Transverse Momentum Distribution of kaons, pions, and (anti-)protons production in U+U collisions at $\sqrt{s_{NN}}$ = 193 GeV using the UrQMD Model

TL;DR

This study uses the UrQMD model to analyze transverse momentum spectra of kaons, pions, and protons in uranium-uranium collisions at 193 GeV, highlighting the impact of nuclear deformation and different simulation modes.

Contribution

First comprehensive analysis of U+U collision dynamics at RHIC energies using UrQMD, comparing cascade and SM-EoS modes across multiple observables.

Findings

Collision dynamics are highly sensitive to uranium nuclear deformation.

Cascade mode better describes low-$p_{T}$ regions, while SM-EoS mode suits high-$p_{T}$ regions.

Particle-antiparticle ratios near unity indicate dominant pair production.

Abstract

In this study, we investigate the transverse momentum spectra of $K ^{\pm }$, $\pi ^{\pm }$ and $p(\bar{p})$ in mid-rapidity ($\left | y \right | < 0.1$) for nine centrality classes ranging from $0\%$ to $80\%$ in $^{238} U$+$^{238} U$ collisions at $\sqrt{s_{NN}}$=193 GeV. The simulations are performed using the Ultra-relativistic Quantum Molecular Dynamics (UrQMD) model, specifically employing both the cascade mode and the soft momentum-dependent equation of state (SM-EoS) mode.
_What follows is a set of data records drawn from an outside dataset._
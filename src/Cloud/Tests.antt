-- ===== src/Cloud/Tests.antt =====
-- The cloud client at concrete inputs.
use wqm.Prelude.{ℕ, zero, suc, ◌≡◌, ◌⊎◌, refl, true, false, some, List, [], ◌∷◌, String}
use wqm.Prelude.Int.{pos}
use wqm.Storage.{empty, insert_reading}
use wqm.Storage.Sound.{IsSound, empty-IsSound, insert_reading-IsSound}
use wqm.Storage.Pending.{has_pending}
use wqm.Cloud.Sync.{
  Event, inserts, rotates, sends, hears, declined, accepted, Uplink, happen_all, decided_by,
}
use wqm.Cloud.Kept.{no_reading_lost}
use wqm.Cloud.Request.{
  Attempt, answered, http_error, broken, request, IsTried, Posted, retry, recorded, request_tries,
}

abbrev one_reading : Uplink ℕ
one_reading = record { db = (insert_reading 10 700 empty).1; batch = [] }

one_reading-IsSound : IsSound one_reading.db
one_reading-IsSound = insert_reading-IsSound 10 700 empty empty-IsSound

-- A batch is declined, the buffer is rotated while the next one is under way, and that is stored.
abbrev events : List (Event ℕ)
events =
    sends 50
    ∷ hears declined
    ∷ inserts 20 710
    ∷ sends 50
    ∷ rotates 1
    ∷ hears (accepted (some (record { index = pos 0; is_stored = true; has_error = false } ∷ [])))
    ∷ []

no_reading_lost_example :
    (has_pending 1 (happen_all events one_reading).db.rows ≡ true)
    ⊎ (decided_by 1 events one_reading ≡ true)
unfolding insert_reading
no_reading_lost_example = no_reading_lost events one_reading 1 one_reading-IsSound refl refl

-- The server fails twice and then answers.
abbrev line : ℕ → Attempt
line zero = http_error 503
line (suc zero) = broken
line (suc (suc n)) = answered 200

request_tries_example :
    IsTried line 3 0 (request true true (5 ∷ 15 ∷ 30 ∷ []) 3 line)
    × ((request false true (5 ∷ 15 ∷ 30 ∷ []) 3 line).attempts ≡ 0)
request_tries_example = request_tries true (5 ∷ 15 ∷ 30 ∷ []) 3 line

abbrev no_answer : String → ℕ → Posted
no_answer id r = retry

abbrev takes : String → ℕ → Posted
takes id r = recorded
Additionally, we extract other observables from the $p_{T}$ spectrum, including the average transverse momentum ($\left \langle p_{T} \right \rangle$), the particle yield ($dN/dy$) and particle-type ratios, presenting them as a function of collision centrality. We find that the collision dynamics are significantly sensitive to the prolate deformation of the uranium nuclei, which influences the initial geometry and subsequent particle production. We find that the U+U collision dynamics are highly sensitive to the deformation of the uranium nucleus. Consequently, the cascade mode is more appropriate for describing the low-$p_{T}$ region ($p_{T} < 1.2 GeV/c$), while the SM-EoS mode better captures the trends in the high-$p_{T}$ region ($p_{T} > 1.2 GeV/c$). Furthermore, at RHIC energies, our results indicate that pair production is the dominant mechanism for particle creation in the mid-rapidity region. This conclusion is corroborated by the particle-to-antiparticle production ratio, which approaches unity-indicating a high degree of matter-antimatter symmetry in the observed collision events.